Porn reviews: Casino Royale, Twisted, Boot Boy

It’s difficult to think about porn in the wake of seeing Casino Royale. No doubt there is much scholarship somewhere regarding the fact that James Bond is such a total gay, though I’m not interested enough to go looking for it — that kind of research seems so not gay. But please take note of the way the camera practically licks Daniel Craig’s porno-pumped body. Witness the knife fight between Craig and Simon Akbarian and tell me it isn’t a battle of the tops. And when Mads Mikkelsen gets Craig stripped naked, ties him up, seats him in a chair that has the seat torn out of it and whacks him in the nuts with a knotted rope, well — tell me that isn’t something you haven’t seen in a Hot House production.

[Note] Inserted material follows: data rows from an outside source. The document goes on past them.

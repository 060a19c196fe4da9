-- ===== src/Transfer/RoundTrip.antt =====
-- Copies from the GPU, and the round trip of a copy to it and one from it.
use radeonsi_compute.Base.{
  ℕ, ◌+◌, ◌-◌, ◌*◌, ◌^◌, ◌≤◌, ◌<◌, ◌≡◌, ◌⊎◌, inl, inr, refl, ap, ◌∙◌, true, ltb, some, ◌∷◌, length,
  arith, Bool-cases, ltb→lt,
}
use radeonsi_compute.Device.{GpuBuffer, Kernel}
use radeonsi_compute.Submit.{Block}
use radeonsi_compute.Submit.Relocs.{IsWhole}
use radeonsi_compute.Buffers.Fragments.{total_size}
use radeonsi_compute.Transfer.{compute_copy_to_gpu, compute_copy_from_gpu}
use radeonsi_compute.Transfer.Whole.{IsFilled, Maps, compute_copy_to_gpu-copied}
use radeonsi_compute.Transfer.Bytes.{
  byte_of, IsApart, gathered, gathered-outside, gathered-byte_of, byte_of-copied, total_size-room,
}
use radeonsi_compute.Transfer.Reading.{Reads, fragments_gathered}

module _ {D : Type 0} (kernel : Kernel D) (contents : D → ℕ → ℕ → ℕ) (maps : Maps kernel contents)
    (reads : Reads kernel contents maps) where
  from_gpu-gathered :
      (bo : GpuBuffer) (bs : Block) (mem : ℕ → ℕ) (dst size : ℕ) (d : D)
      → IsWhole (bo ∷ bs)
      → IsFilled (bo ∷ bs)
      → 0 < size
      → size ≤ total_size (bo ∷ bs)
      → total_size (bo ∷ bs) < 2 ^ 64
      → (d' : D) × (compute_copy_from_gpu kernel (bo ∷ bs) 0 mem dst size d
          ≡ some (0, gathered (contents d) (bo ∷ bs) mem dst size, d'))
        × (contents d' ≡ contents d)
  unfolding compute_copy_from_gpu
  from_gpu-gathered bo bs mem dst size d (n, _) full pos room wide =
      let all =
        fragments_gathered kernel contents maps reads (bo ∷ bs) mem dst 0 size d pos (omega arith)
          (omega arith) (inl refl) (omega arith) wide full in
      let within : ltb 0 bo.fragment_number ≡ true = ground (arith, n) in
      let rounds : bo.fragment_number - 0 ≡ length (bo ∷ bs) = omega (arith, n) in
      (
        all.0,
        rw (within, rounds)
            (all.1
              ∙ ap (λ k. some (0, gathered (contents d) (bo ∷ bs) mem dst k, all.0)) (omega arith)),
        all.2,
      )

  -- On a kernel that grants every mapping and shows what a buffer holds, a copy of 1 byte or more
  -- from the start of a whole buffer, whose fragments but the last have 64 MiB and which is large
  -- enough, succeeds: the memory has the bytes of the buffer from `dst` on, the rest of the memory
  -- stays, and so does everything on the GPU.
  pub compute_copy_from_gpu-bytes :
      (bo : GpuBuffer) (bs : Block) (mem : ℕ → ℕ) (dst size : ℕ) (d : D)
      → IsWhole (bo ∷ bs)
      → IsFilled (bo ∷ bs)
      → 0 < size
      → size ≤ total_size (bo ∷ bs)
      → total_size (bo ∷ bs) < 2 ^ 64
      → (mem' : ℕ → ℕ) × (d' : D) × (compute_copy_from_gpu kernel (bo ∷ bs) 0 mem dst size d
          ≡ some (0, mem', d'))
        × ((i : ℕ) → (size ≤ i) ⊎ (mem' (dst + i) ≡ byte_of (contents d) (bo ∷ bs) i))
        × ((a : ℕ) → ((dst ≤ a) × (a < dst + size)) ⊎ (mem' a ≡ mem a))
        × (contents d' ≡ contents d)
  compute_copy_from_gpu-bytes bo bs mem dst size d whole full pos room wide =
      let (d', e, kept) = from_gpu-gathered bo bs mem dst size d whole full pos room wide in
      let fits : size ≤ 2 ^ 26 * length (bo ∷ bs) =
        omega (arith, total_size-room (bo ∷ bs) full, room) in
      (
        gathered (contents d) (bo ∷ bs) mem dst size,
        d',
        e,
        λ i. elim (Bool-cases (ltb i size)) [
          | inl within ↦
              inr (gathered-byte_of (contents d) (bo ∷ bs) mem dst size i fits (ltb→lt _ _ within))
          | inr beyond ↦ inl (ground arith)
        ],
        λ a. elim (Bool-cases (ltb a dst)) [
          | inl before ↦
              inr (gathered-outside (contents d) (bo ∷ bs) mem dst size a (inl (ltb→lt _ _ before)))
          | inr later ↦ elim (Bool-cases (ltb a (dst + size))) [
            | inl within ↦ inl (ground arith, ltb→lt _ _ within)
            | inr behind ↦
                inr (gathered-outside (contents d) (bo ∷ bs) mem dst size a (inr (ground arith)))
          ]
        ],
        kept,
      )

  -- On such a kernel and for such a buffer, whose fragments have handles of their own, bytes that
  -- are copied to the GPU and from there back are the bytes that were copied: both calls answer 0,
  -- and the memory at `back` then holds what the source held at `src`.
  pub compute_copy_from_gpu-to_gpu :
      (bo : GpuBuffer) (bs : Block) (mem mem2 : ℕ → ℕ) (src back size i : ℕ) (d : D)
      → IsWhole (bo ∷ bs)
      → IsFilled (bo ∷ bs)
      → IsApart (bo ∷ bs)
      → 0 < size
      → size ≤ total_size (bo ∷ bs)
      → total_size (bo ∷ bs) < 2 ^ 64
      → i < size
      → (d1 : D) × (mem' : ℕ → ℕ) × (d2 : D) × (compute_copy_to_gpu kernel
            (bo ∷ bs)
            0
            mem
            src
            size
            d
          ≡ some (0, d1))
        × (compute_copy_from_gpu kernel (bo ∷ bs) 0 mem2 back size d1 ≡ some (0, mem', d2))
        × (mem' (back + i) ≡ mem (src + i))
  compute_copy_from_gpu-to_gpu bo bs mem mem2 src back size i d whole full apart pos room wide h =
      let (d1, there, holds) =
        compute_copy_to_gpu-copied kernel contents maps bo bs mem src size d whole full pos room
          wide in
      let (d2, returns, kept) =
        from_gpu-gathered bo bs mem2 back size d1 whole full pos room wide in
      let fits : size ≤ 2 ^ 26 * length (bo ∷ bs) =
        omega (arith, total_size-room (bo ∷ bs) full, room) in
      (
        d1,
        gathered (contents d1) (bo ∷ bs) mem2 back size,
        d2,
        there,
        returns,
        gathered-byte_of (contents d1) (bo ∷ bs) mem2 back size i fits h
            ∙ ap (λ c. byte_of c (bo ∷ bs) i) holds
            ∙ byte_of-copied (contents d) (bo ∷ bs) mem src size i apart fits h,
      )
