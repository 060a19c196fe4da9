-- ===== src/Transfer/Tests.antt =====
-- The theorems on copies at a small device, a disk of buffers with the last mapping.
use radeonsi_compute.Base.{ℕ, ◌+◌, ◌≤◌, ◌<◌, ◌⊎◌, ◌^◌, ◌≡◌, refl, inl, inr, some, [], ◌∷◌, arith}
use radeonsi_compute.Base.Stream.{words}
use radeonsi_compute.Device.{GpuBuffer, Kernel}
use radeonsi_compute.Samples.{toy, toy_device, sample_buffer}
use radeonsi_compute.Submit.{Block}
use radeonsi_compute.Submit.Relocs.{IsWhole}
use radeonsi_compute.Transfer.{compute_copy_to_gpu, compute_copy_from_gpu}
use radeonsi_compute.Transfer.Offsets.{compute_copy_to_gpu-nothing}
use radeonsi_compute.Transfer.Whole.{written, copied, IsFilled, Maps, compute_copy_to_gpu-copied}
use radeonsi_compute.Transfer.Bytes.{byte_of, IsApart}
use radeonsi_compute.Transfer.Reading.{Reads}
use radeonsi_compute.Transfer.RoundTrip.{compute_copy_from_gpu-bytes, compute_copy_from_gpu-to_gpu}

record Disk : Type 0 where
  bytes : ℕ → ℕ → ℕ
  handle : ℕ
  offset : ℕ

abbrev disk_kernel : Kernel Disk
disk_kernel = record {
  chunk_id_relocs = 1;
  chunk_id_ib = 2;
  minus_ebusy = 0xfffffff0;
  submit = λ cs d. (0, d);
  wait_idle = λ h d. (0, d);
  gem_create = λ size alignment domain d.
      (0, record { handle = 1; alignment = alignment; initial_domain = domain }, d);
  gem_va = λ va d. (0, 0, d);
  gem_close = λ h d. d;
  gem_mmap = λ h offset size d. (0, 0x1000, record d { handle = h; offset = offset });
  mmap = λ size addr d. (some 0x7000, d);
  munmap = λ ptr size d. d;
  write = λ ptr bytes d. record d { bytes = written d.bytes d.handle d.offset bytes };
  read = λ ptr size d. words (d.bytes d.handle) d.offset size;
}

abbrev contents_of : Disk → ℕ → ℕ → ℕ
contents_of d = d.bytes

disk-Maps : Maps disk_kernel contents_of
disk-Maps = record {
  granted = λ h offset n d. refl;
  pointer = λ h offset n d. 0x7000;
  mapped = λ h offset n d. refl;
  kept = λ h offset n d bytes. refl;
}

disk-Reads : Reads disk_kernel contents_of disk-Maps
disk-Reads = record { shown = λ h offset n d. refl; unmapped = λ h offset n d. refl }

abbrev empty_disk : Disk
empty_disk = record { bytes = λ h i. 0; handle = 0; offset = 0 }

abbrev full_fragment : GpuBuffer
full_fragment = record (sample_buffer 3 0x10000 2) { size = 2 ^ 26 }

-- The second fragment.
abbrev tail_fragment : Block
tail_fragment = sample_buffer 4 0x4010000 0 ∷ []

fragments-IsWhole : IsWhole (full_fragment ∷ tail_fragment)
fragments-IsWhole = (refl, (refl, tt))

fragments-IsFilled : IsFilled (full_fragment ∷ tail_fragment)
fragments-IsFilled = (omega arith, inl refl, (omega arith, inr refl, tt))

compute_copy_to_gpu-copied_example :
    (d' : Disk) × (compute_copy_to_gpu disk_kernel
        (full_fragment ∷ tail_fragment)
        0
        (λ i. i)
        0
        67108914
        empty_disk
      ≡ some (0, d'))
    × (contents_of d'
        ≡ copied (contents_of empty_disk) (full_fragment ∷ tail_fragment) (λ i. i) 0 67108914)
compute_copy_to_gpu-copied_example =
    compute_copy_to_gpu-copied disk_kernel contents_of disk-Maps full_fragment tail_fragment
      (λ i. i) 0 67108914 empty_disk fragments-IsWhole fragments-IsFilled (omega arith)
      (omega arith) (omega arith)

sample_buffer-IsWhole : IsWhole (sample_buffer 5 0x14000 1 ∷ [])
sample_buffer-IsWhole = (refl, tt)

compute_copy_to_gpu-nothing_example :
    compute_copy_to_gpu toy (sample_buffer 5 0x14000 1 ∷ []) 100 (λ i. i) 0 100 toy_device
    ≡ some (0, toy_device)
compute_copy_to_gpu-nothing_example =
    compute_copy_to_gpu-nothing toy (sample_buffer 5 0x14000 1) [] (λ i. i) 0 100 toy_device
      sample_buffer-IsWhole (omega arith) (omega arith)

-- A disk whose bytes tell their places.
abbrev marked_disk : Disk
marked_disk = record { bytes = λ h i. h + i; handle = 0; offset = 0 }

compute_copy_from_gpu-bytes_example :
    (mem' : ℕ → ℕ) × (d' : Disk) × (compute_copy_from_gpu disk_kernel
        (full_fragment ∷ tail_fragment)
        0
        (λ i. 0)
        100
        67108914
        marked_disk
      ≡ some (0, mem', d'))
    × ((i : ℕ)
        → (67108914 ≤ i)
          ⊎ (mem' (100 + i) ≡ byte_of (contents_of marked_disk) (full_fragment ∷ tail_fragment) i))
    × ((a : ℕ) → ((100 ≤ a) × (a < 100 + 67108914)) ⊎ (mem' a ≡ 0))
    × (contents_of d' ≡ contents_of marked_disk)
compute_copy_from_gpu-bytes_example =
    compute_copy_from_gpu-bytes disk_kernel contents_of disk-Maps disk-Reads full_fragment
      tail_fragment (λ i. 0) 100 67108914 marked_disk fragments-IsWhole fragments-IsFilled
      (omega arith) (omega arith) (omega arith)

fragments-IsApart : IsApart (full_fragment ∷ tail_fragment)
fragments-IsApart = ((refl, tt), (tt, tt))

-- Byte 67108900, in the second fragment.
compute_copy_from_gpu-to_gpu_example :
    (d1 : Disk) × (mem' : ℕ → ℕ) × (d2 : Disk) × (compute_copy_to_gpu disk_kernel
        (full_fragment ∷ tail_fragment)
        0
        (λ i. i)
        7
        67108914
        empty_disk
      ≡ some (0, d1))
    × (compute_copy_from_gpu disk_kernel (full_fragment ∷ tail_fragment) 0 (λ i. 0) 100 67108914 d1
        ≡ some (0, mem', d2))
    × (mem' (100 + 67108900) ≡ 7 + 67108900)
compute_copy_from_gpu-to_gpu_example =
    compute_copy_from_gpu-to_gpu disk_kernel contents_of disk-Maps disk-Reads full_fragment
      tail_fragment (λ i. i) (λ i. 0) 7 100 67108914 67108900 empty_disk fragments-IsWhole
      fragments-IsFilled fragments-IsApart (omega arith) (omega arith) (omega arith) (omega arith)
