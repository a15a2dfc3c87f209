-- ===== src/Docker/Calls.antt =====
-- docker_executor.go: one command of the Docker engine, and what is asked of the engine with one or
-- two: dockerCommand, dockerReady, acquireDockerImage, dockerContainerRunning, dockerServicesRunning,
-- dockerMissing, dockerServiceDiagnostic and safeDockerError.
use robine_ci.Prelude.{
  ℕ, ◌-◌, ◌≤◌, Bool, true, false, ◌||◌, Option, none, some, List, [], ◌∷◌, ◌++◌, ltb, length, take,
  drop, if◌then◌else◌, ◌⊎◌, inl, inr, arith, length-take, length-drop,
}
use robine_ci.Prelude.Bytes.{Bytes, codes, bytes_eq}
use robine_ci.Offer.{is_empty}
use robine_ci.Run.{Run, pure, ◌>>=◌}
use robine_ci.Strings.{contains, replace_all, to_lower, trim_space}
use robine_ci.Executor.{Env, State, WaitError, Context, limited}
use robine_ci.Executor.Commands.{exit_code}
use robine_ci.Executor.Environment.{Variables}
use robine_ci.Docker.{
  Service, Resources, Failure, command_error, message, diagnostic_limit, safe_id,
}

-- The output of a command that ends well.
abbrev pub Answer : Type 0
Answer = Bytes ⊎ Failure

abbrev pub answer_of : Option WaitError → Bytes → Answer
answer_of none output = inl output
answer_of (some error) output = inr (command_error (exit_code (some error)) output)

abbrev pub failure_of : Answer → Option Failure
failure_of (inl output) = none
failure_of (inr failure) = some failure

-- errors.As of a dockerCommandError, and then its output.
abbrev pub output_of : Failure → Option Bytes
output_of (command_error code output) = some output
output_of (message text) = none

is_missing : Bytes → Bool
is_missing output = contains output (codes "no such") || contains output (codes "not found")

unfoldable pub docker_missing : Failure → Bool
unfolding is_missing
docker_missing (command_error code output) = is_missing (to_lower output)
docker_missing (message text) = false

-- strings.ReplaceAll of each value that is not empty, in the order of the list; the code takes
-- the order of a map.
unfoldable pub redact_all : Variables → Bytes → Bytes
redact_all [] text = text
redact_all ((name, secret) ∷ secrets) text =
    redact_all secrets
      (if is_empty secret then text else replace_all text secret (codes "[REDACTED]"))

-- The last bytes of a text.
unfoldable pub last_bytes : ℕ → Bytes → Bytes
last_bytes limit text = if ltb limit (length text) then drop (length text - limit) text else text

unfoldable pub first_bytes : ℕ → Bytes → Bytes
first_bytes limit text = if ltb limit (length text) then take limit text else text

-- safeDockerError of an error that there is.
unfoldable pub safe_docker_error : Failure → Variables → Bytes
unfolding redact_all first_bytes
safe_docker_error (command_error code output) secrets = first_bytes 4096 (redact_all secrets output)
safe_docker_error (message text) secrets = first_bytes 4096 (redact_all secrets text)

-- dockerServiceDiagnostic, of the answer to `docker logs`.
unfoldable pub diagnostic : Variables → Answer → Bytes
unfolding redact_all last_bytes
diagnostic secrets (inl output) = last_bytes diagnostic_limit (redact_all secrets output)
diagnostic secrets (inr (command_error code output)) =
    last_bytes diagnostic_limit (redact_all secrets output)
diagnostic secrets (inr (message text)) = last_bytes diagnostic_limit (redact_all secrets [])

length-last_bytes : (limit : ℕ) (text : Bytes) → length (last_bytes limit text) ≤ limit
unfolding last_bytes
length-last_bytes limit text = ground (arith, length-drop (length text - limit) text)

length-first_bytes : (limit : ℕ) (text : Bytes) → length (first_bytes limit text) ≤ limit
unfolding first_bytes
length-first_bytes limit text = ground (arith, length-take limit text)

-- What a failed service is reported with has at most 64 KiB, and what a failed preparation is
-- reported with at most 4096 bytes, however much the engine wrote and whatever the secrets are.
pub length-diagnostic :
    (secrets : Variables) (answer : Answer) (failure : Failure)
    → (length (diagnostic secrets answer) ≤ 65_536)
      × (length (safe_docker_error failure secrets) ≤ 4096)
unfolding diagnostic safe_docker_error
length-diagnostic secrets answer failure =
    elim answer
      as (λ a.
        (length (diagnostic secrets a) ≤ 65_536)
        × (length (safe_docker_error failure secrets) ≤ 4096)) [
          | inl output ↦ (length-last_bytes 65_536 (redact_all secrets output), texts failure)
          | inr (command_error code output) ↦
              (length-last_bytes 65_536 (redact_all secrets output), texts failure)
          | inr (message text) ↦ (length-last_bytes 65_536 (redact_all secrets []), texts failure)
        ]
  where
    texts : (f : Failure) → length (safe_docker_error f secrets) ≤ 4096
    texts (command_error code output) = length-first_bytes 4096 (redact_all secrets output)
    texts (message text) = length-first_bytes 4096 (redact_all secrets text)

with_text : Bytes → Option Failure → Option Failure
with_text text none = none
with_text text (some failure) = some (message text)

is_running : Answer → Bool
is_running (inl output) = bytes_eq (trim_space output) (codes "true")
is_running (inr failure) = false

module _ {env : Env} where
  unfoldable pub docker_command : Context → List Bytes → Run (State env) Answer
  docker_command ctx arguments s =
      let ((waited, output), world) = env.combined_output ctx arguments s.world in
      (answer_of waited output, record s { world = world; commands = s.commands ++ arguments ∷ [] })

  -- A command whose output is dropped.
  unfoldable pub docker_run : Context → List Bytes → Run (State env) (Option Failure)
  unfolding docker_command
  docker_run ctx arguments = do answer ← docker_command ctx arguments; pure (failure_of answer)

  -- What follows a call that may fail; the first failure is the result.
  abbrev pub then_run :
      Run (State env) (Option Failure)
      → Run (State env) (Option Failure)
      → Run (State env) (Option Failure)
  then_run first rest = do
    failed ← first
    elim failed [ some failure ↦ pure (some failure) | none ↦ rest ]

  -- A command whose error is replaced by a text.
  unfoldable pub docker_run_or : Bytes → Context → List Bytes → Run (State env) (Option Failure)
  unfolding docker_run with_text
  docker_run_or text ctx arguments = do
    failed ← docker_run ctx arguments
    pure (with_text text failed)

  unfoldable pub docker_ready : Context → Run (State env) (Option Failure)
  unfolding docker_run_or
  docker_ready ctx =
      docker_run_or (codes "Docker Engine is unavailable") (limited 10_000 ctx)
        (codes "version" ∷ codes "--format" ∷ codes "{{.Server.Version}}" ∷ [])

  unfoldable pub pull : Context → Bytes → Option Failure → Run (State env) (Option Failure)
  unfolding docker_run_or
  pull ctx image none = pure none
  pull ctx image (some failure) =
      docker_run_or (codes "Docker image acquisition failed") (limited 300_000 ctx)
        (codes "pull" ∷ image ∷ [])

  unfoldable pub acquire_image : Context → Bytes → Run (State env) (Option Failure)
  unfolding docker_run pull
  acquire_image ctx image =
      if is_empty (trim_space image)
      then pure (some (message (codes "Docker image is empty")))
      else (do
        failed ← docker_run (limited 5_000 ctx) (codes "image" ∷ codes "inspect" ∷ image ∷ [])
        pull ctx image failed)

  -- Whether the container runs; an error counts as no, as it does for both callers.
  unfoldable pub container_running : Context → Bytes → Run (State env) Bool
  unfolding docker_command is_running
  container_running ctx name = do
    answer ←
        docker_command ctx
          (codes "inspect" ∷ codes "--format" ∷ codes "{{.State.Running}}" ∷ name ∷ [])
    pure (is_running answer)

  unfoldable pub services_running : Context → Resources → List Service → Run (State env) Bool
  unfolding container_running
  services_running ctx resources [] = pure true
  services_running ctx resources (service ∷ services) = do
    running ← container_running ctx (resources.container ++ codes "-service-" ++ safe_id service.id)
    elim running [ true ↦ services_running ctx resources services | false ↦ pure false ]
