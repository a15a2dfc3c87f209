-- ===== src/Docker/Cleanup.antt =====
-- docker_executor.go: cleanupDocker. It asks for the removal of each resource, whatever fails.
use robine_ci.Prelude.{
  ◌≡◌, refl, sym, ap, ◌∙◌, Bool, false, not, ◌||◌, Option, none, some, List, [], ◌∷◌, ◌++◌,
  append-nil, append_assoc, if◌then◌else◌,
}
use robine_ci.Prelude.Bytes.{Bytes, codes}
use robine_ci.Offer.{is_empty}
use robine_ci.Run.{Run, pure, ◌>>=◌}
use robine_ci.Executor.{Env, State, Context}
use robine_ci.Docker.{Resources, Failure, message}
use robine_ci.Docker.Calls.{docker_run, docker_command, docker_missing}

-- The commands that remove a container, a volume and a network.
abbrev pub remove_container : Bytes → List Bytes
remove_container name = codes "rm" ∷ codes "--force" ∷ codes "--volumes" ∷ name ∷ []

abbrev pub remove_volume : Bytes → List Bytes
remove_volume name = codes "volume" ∷ codes "rm" ∷ codes "--force" ∷ name ∷ []

abbrev pub remove_network : Bytes → List Bytes
remove_network name = codes "network" ∷ codes "rm" ∷ name ∷ []

-- Whether the removal failed for another reason than that there is no such resource.
unfoldable pub is_left : Option Failure → Bool
unfolding docker_missing
is_left none = false
is_left (some failure) = not (docker_missing failure)

-- The command that removes a resource, if it has a name.
abbrev pub removal : (Bytes → List Bytes) → Bytes → List (List Bytes)
removal command name = if is_empty name then [] else command name ∷ []

abbrev pub removals : List Bytes → List (List Bytes)
removals [] = []
removals (name ∷ names) = removal remove_container name ++ removals names

module _ {env : Env} (ctx : Context) where
  -- The removal of a resource that has a name; the result is whether it is left.
  unfoldable pub remove : (Bytes → List Bytes) → Bytes → Run (State env) Bool
  unfolding is_left
  remove command name =
      if is_empty name
      then pure false
      else (do failed ← docker_run ctx (command name); pure (is_left failed))

  unfoldable pub remove_containers : List Bytes → Run (State env) Bool
  unfolding remove
  remove_containers [] = pure false
  remove_containers (name ∷ names) = do
    failed ← remove remove_container name
    later ← remove_containers names
    pure (failed || later)

  -- The error, or none. The code keeps a list of what failed, of which it reads the length only.
  unfoldable pub cleanup : Resources → Run (State env) (Option Failure)
  unfolding remove_containers remove
  cleanup resources = do
    containers ← remove_containers (resources.container ∷ resources.services)
    volume ← remove remove_volume resources.volume
    network ← remove remove_network resources.network
    pure (
        if containers || volume || network
        then some (message (codes "Docker cleanup incomplete"))
        else none)

  remove-removal :
      (command : Bytes → List Bytes) (name : Bytes) (s : State env)
      → (remove command name s).1.commands ≡ s.commands ++ removal command name
  unfolding remove docker_run docker_command ◌>>=◌ pure
  remove-removal command [] s = sym (append-nil s.commands)
  remove-removal command (c ∷ name) s = refl

  remove_containers-removals :
      (names : List Bytes) (s : State env)
      → (remove_containers names s).1.commands ≡ s.commands ++ removals names
  unfolding remove_containers ◌>>=◌ pure
  remove_containers-removals [] s = sym (append-nil s.commands)
  remove_containers-removals (name ∷ names) s =
      remove_containers-removals names (remove remove_container name s).1
      ∙ ap (λ l. l ++ removals names) (remove-removal remove_container name s)
      ∙ append_assoc s.commands (removal remove_container name) (removals names)

  -- Whatever fails on the way, the cleanup of a job sends the engine one removal of each container of
  -- the job and of its services, then one of its volume and then one of its network, as far as they
  -- have names, and no other command.
  pub cleanup-commands :
      (resources : Resources) (s : State env)
      → (cleanup resources s).1.commands
        ≡ s.commands
          ++ removals (resources.container ∷ resources.services)
          ++ removal remove_volume resources.volume
          ++ removal remove_network resources.network
  unfolding cleanup ◌>>=◌ pure
  cleanup-commands resources s =
      let names = resources.container ∷ resources.services in
      let s1 = (remove_containers names s).1 in
      let s2 = (remove remove_volume resources.volume s1).1 in
      remove-removal remove_network resources.network s2
      ∙ ap (λ l. l ++ removal remove_network resources.network)
          (remove-removal remove_volume resources.volume s1
            ∙ ap (λ l. l ++ removal remove_volume resources.volume)
                (remove_containers-removals names s))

I’m just saying.

Meanwhile, back in the hard-core world, I feel like I’ve seen a myth come true. You know there are those stories about women getting screwed by donkeys in Tijuana… but it’s always a friend of someone’s friend who heard about it happening the night before they arrived? I always thought the same was true about guys sitting on traffic pylons. Even in porn, I’ve only ever heard rumour of it. It was only once and I can’t remember the name of the film — I think the performer involved was Trent Reed, an old favourite. I should look for that.

Anyway, there I was checking out the first disc of Club Inferno’s Twisted and lo and behold, doesn’t Kent North get some help sliding up and down a big orange pylon. Funny how these things are so disappointing when you finally get around to them. Though I do think it would have been a really great idea to have put a camera inside the pylon, looking up. That would have been a scream. In more ways than one.

But I’ve tired of circus porn, as I’ve taken to calling it — you know, the all-heavy-sex videos that are really just observational, where the camera hangs around while guys put really big things up their asses. In the absence of real porn that features Daniel Craig, I’m turning my focus on another tall, handsome (and in this case) dark gentleman by the name of Matt Cole. I’m still researching, but if you happen to have a thing for armpits, see Chi Chi LaRue’s Boot Boy (Rascal Video) posthaste. More on Matty, soon.